• **What the task asks**
Return the records in full, exactly as given.

• **Records provided**
-- ===== src/Actor/Registry/Update.antt =====
-- What `register_at` stores, in each of its three cases.
use smalltalk_a_vm.Prelude.{
  ℕ, suc, ◌+◌, ◌*◌, ◌≤◌, ◌<◌, ◌≡◌, ◌≢◌, sym, ap, ◌∙◌, arith, true, false, some, length, set,
  length-set, ◌==◌,
}
use smalltalk_a_vm.Prelude.Words.{u32_max}
use smalltalk_a_vm.Probe.{load, content, IsProbed, Absent, Reaches}
use smalltalk_a_vm.Probe.Invariant.{load-set_fresh, load-set_same}
use smalltalk_a_vm.Probe.Entries.{live_count, live_count-set}
use smalltalk_a_vm.Probe.Content.{store_lem}
use smalltalk_a_vm.Actor.Registry.{
  Entry, Registry, entry_empty, entry_tombstone, entry_at, is_live, register_at,
}
use smalltalk_a_vm.Actor.Registry.Slot.{slots}
use smalltalk_a_vm.Actor.Registry.Invariant.{IsValid, room}
use smalltalk_a_vm.Actor.Registry.Growth.{live-le-load}

abbrev pub new_entry : ℕ → ℕ → Entry
new_entry id actor = record { actor_id = id; actor = actor }

-- The registry that holds `actor` under `id` and is otherwise `reg`.
pub record Updated (reg : Registry) (id actor : ℕ) (reg' : Registry) : Type 0 where
  pub valid : IsValid reg'
  pub here : content slots reg'.entries id ≡ some (new_entry id actor)
  pub elsewhere : (j : ℕ) → j ≢ id → content slots reg'.entries j ≡ content slots reg.entries j

module _ (reg : Registry) (id actor : ℕ) (v : IsValid reg) (not_empty : id ≢ entry_empty)
    (not_tombstone : id ≢ entry_tombstone) where
  -- The slot `q` is empty or a tombstone.
  fresh_at :
      (q : ℕ)
      → q < length reg.entries
      → Reaches slots reg.entries id q
      → Absent slots reg.entries id
      → is_live (entry_at reg.entries q) ≡ false
      → load slots (set reg.entries q (new_entry id actor)) < length reg.entries
      → IsProbed slots (set reg.entries q (new_entry id actor))
        × (content slots (set reg.entries q (new_entry id actor)) id ≡ some (new_entry id actor))
        × ((j : ℕ)
            → j ≢ id
            → content slots (set reg.entries q (new_entry id actor)) j
              ≡ content slots reg.entries j)
  fresh_at q inside r absent dead room' =
      store_lem slots reg.entries id q (new_entry id actor) v.probed (room v) inside (ground arith)
        r (λ i a h. let f = absent i a in absurd (ground arith)) (λ j h. absurd (ground arith))
        (rw (length-set reg.entries q (new_entry id actor)) room')

  -- An entry with the id is there: its pointer is replaced.
  pub replaced :
      (p tomb : ℕ)
      → p < length reg.entries
      → Reaches slots reg.entries id p
      → (entry_at reg.entries p).actor_id ≡ id
      → Updated reg id actor (register_at reg id actor p tomb)
  unfolding register_at
  replaced p tomb inside r here =
      let (probed, at, other) =
        store_lem slots reg.entries id p entry v.probed (room v) inside (ground arith) r
          (λ q a h. v.probed.one id q p a inside h (ground arith)) (λ j h. ground arith)
          (rw (length-set reg.entries p entry, loads) (room v)) in
      rw taken (record {
        valid = record {
          power = v.power;
          sized = length-set reg.entries p entry ∙ v.sized;
          probed = probed;
          counted = lives;
          loaded = v.loaded ∙ sym loads;
          slack = v.slack;
          large = v.large;
          small = v.small;
        };
        here = at ∙ ap some whole;
        elsewhere = other;
      })
    where
      entry : Entry
      entry = record (entry_at reg.entries p) { actor = actor }

      whole : entry ≡ new_entry id actor
      whole = ap (λ i. record { actor_id = i; actor = actor }) here

      taken : ((entry_at reg.entries p).actor_id == entry_empty) ≡ false
      taken = ground arith

      loads : load slots (set reg.entries p entry) ≡ load slots reg.entries
      loads = load-set_same slots reg.entries p entry inside (ground arith) (ground arith)

      lives : reg.count ≡ live_count slots is_live (set reg.entries p entry)
      lives = ground (arith, live_count-set slots is_live reg.entries p entry inside, v.counted)

  -- The search ended at an empty entry, and passed no tombstone.
  pub appended :
      (p : ℕ)
      → reg.used * 10 < reg.capacity * 7
      → p < length reg.entries
      → Reaches slots reg.entries id p
      → Absent slots reg.entries id
      → (entry_at reg.entries p).actor_id ≡ entry_empty
      → Updated reg id actor (register_at reg id actor p u32_max)
  unfolding register_at
  appended p slack inside r absent vacant =
      let (probed, at, other) =
        fresh_at p inside r absent (ground arith) (omega (arith, loads, v.loaded, v.sized)) in
      rw taken (record {
        valid = record {
          power = v.power;
          sized = length-set reg.entries p entry ∙ v.sized;
          probed = probed;
          counted = omega (arith, lives, live-le);
          loaded = omega (arith, loads, v.loaded);
          slack = omega arith;
          large = v.large;
          small = v.small;
        };
        here = at;
        elsewhere = other;
      })
    where
      entry : Entry
      entry = new_entry id actor

      taken : ((entry_at reg.entries p).actor_id == entry_empty) ≡ true
      taken = ground arith

      loads : load slots (set reg.entries p entry) ≡ suc (load slots reg.entries)
      loads = load-set_fresh slots reg.entries p entry inside (ground arith) (ground arith)

      live-le : live_count slots is_live reg.entries ≤ load slots reg.entries
      live-le = live-le-load reg.entries

      lives : live_count slots is_live (set reg.entries p entry) ≡ reg.count + 1
      lives = ground (arith, live_count-set slots is_live reg.entries p entry inside, v.counted)

  -- It passed a tombstone, which is used again.
  pub recycled :
      (p q : ℕ)
      → q ≢ u32_max
      → q < length reg.entries
      → Reaches slots reg.entries id q
      → Absent slots reg.entries id
      → (entry_at reg.entries p).actor_id ≡ entry_empty
      → (entry_at reg.entries q).actor_id ≡ entry_tombstone
      → Updated reg id actor (register_at reg id actor p q)
  unfolding register_at
  recycled p q ne inside r absent vacant buried =
      let (probed, at, other) =
        fresh_at q inside r absent (ground arith) (omega (arith, loads, room v)) in
      rw (taken, passed)
        (record {
          valid = record {
            power = v.power;
            sized = length-set reg.entries q entry ∙ v.sized;
            probed = probed;
            counted = omega (arith, lives, live-le-load reg.entries);
            loaded = v.loaded ∙ sym loads;
            slack = v.slack;
            large = v.large;
            small = v.small;
          };
          here = at;
          elsewhere = other;
        })
    where
      entry : Entry
      entry = new_entry id actor

      taken : ((entry_at reg.entries p).actor_id == entry_empty) ≡ true
      taken = ground arith

      passed : (q == u32_max) ≡ false
      passed = ground arith

      loads : load slots (set reg.entries q entry) ≡ load slots reg.entries
      loads = load-set_same slots reg.entries q entry inside (ground arith) (ground arith)

      lives : live_count slots is_live (set reg.entries q entry) ≡ reg.count + 1
      lives = ground (arith, live_count-set slots is_live reg.entries q entry inside, v.counted)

• **Exercise solution**
-- ===== src/Actor/Registry/Update.antt =====
-- What `register_at` stores, in each of its three cases.
use smalltalk_a_vm.Prelude.{
  ℕ, suc, ◌+◌, ◌*◌, ◌≤◌, ◌<◌, ◌≡◌, ◌≢◌, sym, ap, ◌∙◌, arith, true, false, some, length, set,
  length-set, ◌==◌,
}
use smalltalk_a_vm.Prelude.Words.{u32_max}
use smalltalk_a_vm.Probe.{load, content, IsProbed, Absent, Reaches}
use smalltalk_a_vm.Probe.Invariant.{load-set_fresh, load-set_same}
use smalltalk_a_vm.Probe.Entries.{live_count, live_count-set}
use smalltalk_a_vm.Probe.Content.{store_lem}
use smalltalk_a_vm.Actor.Registry.{
  Entry, Registry, entry_empty, entry_tombstone, entry_at, is_live, register_at,
}
use smalltalk_a_vm.Actor.Registry.Slot.{slots}
use smalltalk_a_vm.Actor.Registry.Invariant.{IsValid, room}
use smalltalk_a_vm.Actor.Registry.Growth.{live-le-load}

abbrev pub new_entry : ℕ → ℕ → Entry
new_entry id actor = record { actor_id = id; actor = actor }

-- The registry that holds `actor` under `id` and is otherwise `reg`.
pub record Updated (reg : Registry) (id actor : ℕ) (reg' : Registry) : Type 0 where
  pub valid : IsValid reg'
  pub here : content slots reg'.entries id ≡ some (new_entry id actor)
  pub elsewhere : (j : ℕ) → j ≢ id → content slots reg'.entries j ≡ content slots reg.entries j

module _ (reg : Registry) (id actor : ℕ) (v : IsValid reg) (not_empty : id ≢ entry_empty)
    (not_tombstone : id ≢ entry_tombstone) where
  -- The slot `q` is empty or a tombstone.
  fresh_at :
      (q : ℕ)
      → q < length reg.entries
      → Reaches slots reg.entries id q
      → Absent slots reg.entries id
      → is_live (entry_at reg.entries q) ≡ false
      → load slots (set reg.entries q (new_entry id actor)) < length reg.entries
      → IsProbed slots (set reg.entries q (new_entry id actor))
        × (content slots (set reg.entries q (new_entry id actor)) id ≡ some (new_entry id actor))
        × ((j : ℕ)
            → j ≢ id
            → content slots (set reg.entries q (new_entry id actor)) j
              ≡ content slots reg.entries j)
  fresh_at q inside r absent dead room' =
      store_lem slots reg.entries id q (new_entry id actor) v.probed (room v) inside (ground arith)
        r (λ i a h. let f = absent i a in absurd (ground arith)) (λ j h. absurd (ground arith))
        (rw (length-set reg.entries q (new_entry id actor)) room')

  -- An entry with the id is there: its pointer is replaced.
  pub replaced :
      (p tomb : ℕ)
      → p < length reg.entries
      → Reaches slots reg.entries id p
      → (entry_at reg.entries p).actor_id ≡ id
      → Updated reg id actor (register_at reg id actor p tomb)
  unfolding register_at
  replaced p tomb inside r here =
      let (probed, at, other) =
        store_lem slots reg.entries id p entry v.probed (room v) inside (ground arith) r
          (λ q a h. v.probed.one id q p a inside h (ground arith)) (λ j h. ground arith)
          (rw (length-set reg.entries p entry, loads) (room v)) in
      rw taken (record {
        valid = record {
          power = v.power;
          sized = length-set reg.entries p entry ∙ v.sized;
          probed = probed;
          counted = lives;
          loaded = v.loaded ∙ sym loads;
          slack = v.slack;
          large = v.large;
          small = v.small;
        };
        here = at ∙ ap some whole;
        elsewhere = other;
      })
    where
      entry : Entry
      entry = record (entry_at reg.entries p) { actor = actor }

      whole : entry ≡ new_entry id actor
      whole = ap (λ i. record { actor_id = i; actor = actor }) here

      taken : ((entry_at reg.entries p).actor_id == entry_empty) ≡ false
      taken = ground arith

      loads : load slots (set reg.entries p entry) ≡ load slots reg.entries
      loads = load-set_same slots reg.entries p entry inside (ground arith) (ground arith)

      lives : reg.count ≡ live_count slots is_live (set reg.entries p entry)
      lives = ground (arith, live_count-set slots is_live reg.entries p entry inside, v.counted)

  -- The search ended at an empty entry, and passed no tombstone.
  pub appended :
      (p : ℕ)
      → reg.used * 10 < reg.capacity * 7
      → p < length reg.entries
      → Reaches slots reg.entries id p
      → Absent slots reg.entries id
      → (entry_at reg.entries p).actor_id ≡ entry_empty
      → Updated reg id actor (register_at reg id actor p u32_max)
  unfolding register_at
  appended p slack inside r absent vacant =
      let (probed, at, other) =
        fresh_at p inside r absent (ground arith) (omega (arith, loads, v.loaded, v.sized)) in
      rw taken (record {
        valid = record {
          power = v.power;
          sized = length-set reg.entries p entry ∙ v.sized;
          probed = probed;
          counted = omega (arith, lives, live-le);
          loaded = omega (arith, loads, v.loaded);
          slack = omega arith;
          large = v.large;
          small = v.small;
        };
        here = at;
        elsewhere = other;
      })
    where
      entry : Entry
      entry = new_entry id actor

      taken : ((entry_at reg.entries p).actor_id == entry_empty) ≡ true
      taken = ground arith

      loads : load slots (set reg.entries p entry) ≡ suc (load slots reg.entries)
      loads = load-set_fresh slots reg.entries p entry inside (ground arith) (ground arith)

      live-le : live_count slots is_live reg.entries ≤ load slots reg.entries
      live-le = live-le-load reg.entries

      lives : live_count slots is_live (set reg.entries p entry) ≡ reg.count + 1
      lives = ground (arith, live_count-set slots is_live reg.entries p entry inside, v.counted)

  -- It passed a tombstone, which is used again.
  pub recycled :
      (p q : ℕ)
      → q ≢ u32_max
      → q < length reg.entries
      → Reaches slots reg.entries id q
      → Absent slots reg.entries id
      → (entry_at reg.entries p).actor_id ≡ entry_empty
      → (entry_at reg.entries q).actor_id ≡ entry_tombstone
      → Updated reg id actor (register_at reg id actor p q)
  unfolding register_at
  recycled p q ne inside r absent vacant buried =
      let (probed, at, other) =
        fresh_at q inside r absent (ground arith) (omega (arith, loads, room v)) in
      rw (taken, passed)
        (record {
          valid = record {
            power = v.power;
            sized = length-set reg.entries q entry ∙ v.sized;
            probed = probed;
            counted = omega (arith, lives, live-le-load reg.entries);
            loaded = v.loaded ∙ sym loads;
            slack = v.slack;
            large = v.large;
            small = v.small;
          };
          here = at;
          elsewhere = other;
        })
    where
      entry : Entry
      entry = new_entry id actor

      taken : ((entry_at reg.entries p).actor_id == entry_empty) ≡ true
      taken = ground arith

      passed : (q == u32_max) ≡ false
      passed = ground arith

      loads : load slots (set reg.entries q entry) ≡ load slots reg.entries
      loads = load-set_same slots reg.entries q entry inside (ground arith) (ground arith)

      lives : live_count slots is_live (set reg.entries q entry) ≡ reg.count + 1
      lives = ground (arith, live_count-set slots is_live reg.entries q entry inside, v.counted)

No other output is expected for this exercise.